* **SUPPLIED RECORDS**:
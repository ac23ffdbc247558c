-- ===== src/Wal/Safe.antt =====
-- Replay of a log of any bytes: what it makes of a map with distinct keys, whose keys and values are
-- of at most 64 MiB each, is such a map again.
use agent_kv.Prelude.{
  ℕ, zero, suc, ◌+◌, ◌≤◌, ◌%◌, ◌^◌, Bytes, length, length-take, length-drop, drop, Option, none,
  some, Bool, true, false, ltb, ◌||◌, ◌-◌, ◌==◌, if◌then◌else◌, ◌≡◌, refl, ap, arith, Bool-cases,
  inl, inr, none-ne-some, some_pair, ltb-false,
}
use agent_kv.Exec.{ok}
use agent_kv.Map.{Map, IsMap}
use agent_kv.Map.Laws.{insert-IsMap, erase-IsMap}
use agent_kv.Disk.{Disk, max_offset}
use agent_kv.BinaryIo.{consume_primitive, consume_bytes}
use agent_kv.Snapshot.{max_field_length}
use agent_kv.Snapshot.Image.{IsStorable}
use agent_kv.KvStore.Content.{insert-IsStorable, erase-IsStorable}
use agent_kv.Wal.{
  ◌>>=?◌, op_code, set, delete, apply_set, apply_delete, apply_record, next_record, replay_loop,
  or_start, replay_bytes, replay_file, replay_from,
}
use agent_kv.Wal.Replay.{next_record_shrinks}

abbrev pub IsKept : Map → Type 0
IsKept m = IsStorable m × IsMap m

abbrev Keeps : Option Map → Type 0
Keeps none = Unit
Keeps (some m) = IsKept m

bind-Keeps :
    {A : Type 0} (o : Option A) (f : A → Option Map)
    → ((a : A) → o ≡ some a → Keeps (f a))
    → Keeps (o >>=? f)
bind-Keeps none f h = tt
bind-Keeps (some a) f h = h a refl

if-Keeps : (b : Bool) (x y : Option Map) → Keeps x → Keeps y → Keeps (if b then x else y)
if-Keeps true x y k l = k
if-Keeps false x y k l = l

-- A field is no longer than the record.
consume_bytes-short :
    (buffer : Bytes) (offset size : ℕ) (r : Bytes × ℕ)
    → consume_bytes buffer offset size ≡ some r
    → length r.0 ≤ length buffer
unfolding consume_bytes
consume_bytes-short buffer offset size r e =
    elim (Bool-cases (ltb (length buffer) offset || ltb (length buffer - offset) size)) [
      | inl out ↦ absurd (none-ne-some (rw out at e))
      | inr inside ↦
          let (field, _) = some_pair (rw inside at e) in
          omega (
            arith,
            ap length field,
            length-take size (drop offset buffer),
            length-drop offset buffer,
          )
    ]

module _ (bytes : Bytes) (store : Map) (small : length bytes ≤ max_field_length)
    (k : IsKept store) where
  apply_set-Keeps :
      (offset : ℕ) (key : Bytes)
      → length key ≤ length bytes
      → Keeps (apply_set bytes offset key store)
  unfolding apply_set
  apply_set-Keeps offset key short =
      bind-Keeps (consume_primitive 4 bytes offset) _ (λ (value_size, offset') _.
        bind-Keeps (consume_bytes bytes offset' value_size) _ (λ (value, offset'') read.
          let short' = consume_bytes-short bytes offset' value_size (value, offset'') read in
          if-Keeps (offset'' == length bytes) _ _
            (
              insert-IsStorable key value store (omega arith) (omega arith) k.0,
              insert-IsMap key value store k.1,
            )
            tt))

  apply_delete-Keeps : (offset : ℕ) (key : Bytes) → Keeps (apply_delete bytes offset key store)
  unfolding apply_delete
  apply_delete-Keeps offset key =
      if-Keeps (offset == length bytes) _ _
        (erase-IsStorable key store k.0, erase-IsMap key store k.1) tt

  apply_record-Keeps : Keeps (apply_record bytes store)
  unfolding apply_record
  apply_record-Keeps = bind-Keeps (consume_primitive 1 bytes 0) _ (λ (op, offset) _.
      bind-Keeps (consume_primitive 4 bytes offset) _ (λ (key_size, offset') _.
        bind-Keeps (consume_bytes bytes offset' key_size) _ (λ (key, offset'') read.
          if-Keeps (op == op_code set) _ _
            (apply_set-Keeps offset'' key
              (consume_bytes-short bytes offset' key_size (key, offset'') read))
            (if-Keeps (op == op_code delete) _ _ (apply_delete-Keeps offset'' key) tt))))

abbrev KeepsAll : Option (ℕ × Map) → Type 0
KeepsAll none = Unit
KeepsAll (some (_, m)) = IsKept m

-- One record, and the rest of the loop.
applied :
    (fuel recovered : ℕ) (rest : Bytes) (store : Map) (o : Option Map)
    → ((n : ℕ) (m : Map) → IsKept m → KeepsAll (replay_loop fuel rest n m))
    → IsKept store
    → Keeps o
    → KeepsAll (elim o [
      | none ↦ replay_loop fuel rest recovered store
      | some store' ↦ replay_loop fuel rest ((recovered + 1) % 2 ^ 64) store'
    ])
applied fuel recovered rest store none later k _ = later recovered store k
applied fuel recovered rest store (some m) later _ k = later ((recovered + 1) % 2 ^ 64) m k

round :
    (fuel recovered : ℕ) (store : Map) (o : Option (Bytes × Bytes))
    → ((rest : Bytes) (n : ℕ) (m : Map) → IsKept m → KeepsAll (replay_loop fuel rest n m))
    → IsKept store
    → ((bytes rest : Bytes) → o ≡ some (bytes, rest) → length bytes ≤ max_field_length)
    → KeepsAll (elim o [
      | none ↦ some (recovered, store)
      | some (bytes, rest) ↦ elim (apply_record bytes store) [
        | none ↦ replay_loop fuel rest recovered store
        | some store' ↦ replay_loop fuel rest ((recovered + 1) % 2 ^ 64) store'
      ]
    ])
round fuel recovered store none later k small = k
round fuel recovered store (some (bytes, rest)) later k small =
    applied fuel recovered rest store (apply_record bytes store) (later rest) k
      (apply_record-Keeps bytes store (small bytes rest refl) k)

replay_loop-Keeps :
    (fuel : ℕ) (input : Bytes) (recovered : ℕ) (store : Map)
    → IsKept store
    → KeepsAll (replay_loop fuel input recovered store)
unfolding replay_loop
replay_loop-Keeps zero input recovered store k = tt
replay_loop-Keeps (suc fuel) input recovered store k =
    round fuel recovered store (next_record input) (replay_loop-Keeps fuel) k
      (λ bytes rest read. (next_record_shrinks input bytes rest read).1)

or_start-IsKept :
    (o : Option (ℕ × Map)) (store : Map) → KeepsAll o → IsKept store → IsKept (or_start o store).1
or_start-IsKept none store _ k = k
or_start-IsKept (some (_, m)) store k _ = k

replay_file-IsKept :
    (file : Option Bytes) (offset : ℕ) (store : Map)
    → IsKept store
    → IsKept (replay_file file offset store).1
unfolding replay_file replay_bytes
replay_file-IsKept none offset store k = k
replay_file-IsKept (some bytes) offset store k =
    or_start-IsKept (replay_loop (suc (length (drop offset bytes))) (drop offset bytes) 0 store)
      store (replay_loop-Keeps (suc (length (drop offset bytes))) (drop offset bytes) 0 store k) k

-- Whatever bytes the log holds, from an offset that a file can have (at most 2^63 - 1), and into a map
-- with distinct keys whose keys and values are of at most 64 MiB each: replay returns, and the map it
-- leaves has distinct keys, and keys and values of at most 64 MiB each.
pub replay_from-IsKept :
    (path : Bytes) (d : Disk) (offset : ℕ) (store : Map)
    → offset ≤ max_offset
    → IsKept store
    → (n : ℕ) × (m : Map) × (replay_from path d offset store ≡ ok (n, m)) × IsKept m
unfolding replay_from
replay_from-IsKept path d offset store small k =
    let r = replay_file (d.files path) offset store in
    (
      r.0,
      r.1,
      rw (ltb-false max_offset offset small) refl,
      replay_file-IsKept (d.files path) offset store k,
    )
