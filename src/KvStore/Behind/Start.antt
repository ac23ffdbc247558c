-- ===== src/KvStore/Behind/Start.antt =====
-- A start over a log of any bytes behind a snapshot.
use agent_kv.Prelude.{
  ℕ, ◌≤◌, Bytes, ◌++◌, length, length-append, List, Option, ◌≡◌, ◌≢◌, inl, inr, refl, sym, ap,
  subst, ◌∙◌, arith,
}
use agent_kv.Exec.{Result, ok, err}
use agent_kv.Map.{Map, IsMap}
use agent_kv.Disk.{Disk, Fate, OutStream, contents, or_empty, max_offset}
use agent_kv.Snapshot.{LoadResult}
use agent_kv.Snapshot.Image.{IsStorable}
use agent_kv.Wal
use agent_kv.Wal.{open_log}
use agent_kv.Wal.Open.{Opened, open_log-Opened}
use agent_kv.Wal.Recovery.{frames}
use agent_kv.Wal.Safe.{IsKept, replay_from-IsKept}
use agent_kv.KvStore.{World, KvStore, fresh_store, start, started}
use agent_kv.KvStore.Durable.{IsCheckpoint, Backed}
use agent_kv.KvStore.Recovery.{load-IsCheckpoint, recover-ok}
use agent_kv.KvStore.Behind.{Loose}

checkpoint-IsKept :
    {file : Option Bytes} {offset : ℕ} {base : Map} → IsCheckpoint file offset base → IsKept base
checkpoint-IsKept (inl (_, empty, _)) =
    (subst IsStorable (sym empty) tt, subst IsMap (sym empty) tt)
checkpoint-IsKept (inr (_, storable, map, _)) = (storable, map)

module _ {wal_path snapshot_path : Bytes} (apart : wal_path ≢ snapshot_path) where
  -- What is behind a durable store.
  pub Backed-Loose :
      {entries : Map} {s : World}
      → Backed wal_path snapshot_path entries s
      → Loose wal_path snapshot_path s
  Backed-Loose b = record {
    log = b.log;
    file = b.before ++ (frames b.ops ++ b.tail);
    offset = length b.before;
    base = b.base;
    wal = b.wal;
    snapshot = b.snapshot;
    target = b.target;
    holds = b.file;
    bound = b.bound;
    small = omega (arith, b.bound, length-append b.before (frames b.ops ++ b.tail));
    checkpoint = b.checkpoint;
  }

  -- The outcome of a start: a store over whatever is there, its map one that replay keeps; or
  -- the log could not be opened, and no file has changed.
  abbrev pub StartedLoose : World → Result (LoadResult × ℕ) × World → Type 0
  StartedLoose s (ok _, s') = Loose wal_path snapshot_path s' × IsKept s'.store.entries
  StartedLoose s (err _, s') = s'.disk.files ≡ s.disk.files

  module _ (s : World) (b : Loose wal_path snapshot_path s) where
    opened :
        (fates : List Fate) (r : Result OutStream × Disk)
        → Opened wal_path (record s.disk { fates = fates }) r
        → StartedLoose s (started wal_path snapshot_path r)
    unfolding started
    opened fates (err message, d) (_, files) = files
    opened fates (ok log, d) (up, h) =
        let k : KvStore = fresh_store log snapshot_path in
        let checkpoint =
          subst (λ f. IsCheckpoint f b.offset b.base) (sym (h.rest snapshot_path apart))
            b.checkpoint in
        let (r, loaded, offset) =
          load-IsCheckpoint snapshot_path d b.offset b.base checkpoint b.small in
        let (n, m, replayed, good) =
          replay_from-IsKept wal_path d b.offset b.base b.small (checkpoint-IsKept checkpoint) in
        let eq =
          recover-ok wal_path snapshot_path (record { store = k; disk = d }) loaded
            (ap (λ o. Wal.replay_from wal_path d o b.base) offset ∙ replayed) in
        subst (StartedLoose s) (sym eq) (
          record {
            log = log;
            file = contents s.disk wal_path;
            offset = b.offset;
            base = b.base;
            wal = refl;
            snapshot = refl;
            target = h.target;
            holds = h.file;
            bound = h.bound;
            small = b.small;
            checkpoint = checkpoint;
          },
          good,
        )

    pub start-StartedLoose :
        (fates : List Fate)
        → StartedLoose s (start wal_path snapshot_path (record s.disk { fates = fates }))
    unfolding start
    start-StartedLoose fates = opened fates (open_log wal_path (record s.disk { fates = fates })) (
        open_log-Opened wal_path (record s.disk { fates = fates })
          (subst (λ f. length f ≤ max_offset) (sym (ap or_empty b.holds)) b.bound))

* **EXERCISE PROMPT**: Using the entries above, give again exactly the lines from the line holding "abbrev pub StartedLoose" through the line holding "(fates : List Fate) (r". Include both end lines and nothing else.

* **EXPECTED OUTPUT**:
  abbrev pub StartedLoose : World → Result (LoadResult × ℕ) × World → Type 0
  StartedLoose s (ok _, s') = Loose wal_path snapshot_path s' × IsKept s'.store.entries
  StartedLoose s (err _, s') = s'.disk.files ≡ s.disk.files

  module _ (s : World) (b : Loose wal_path snapshot_path s) where
    opened :
        (fates : List Fate) (r : Result OutStream × Disk)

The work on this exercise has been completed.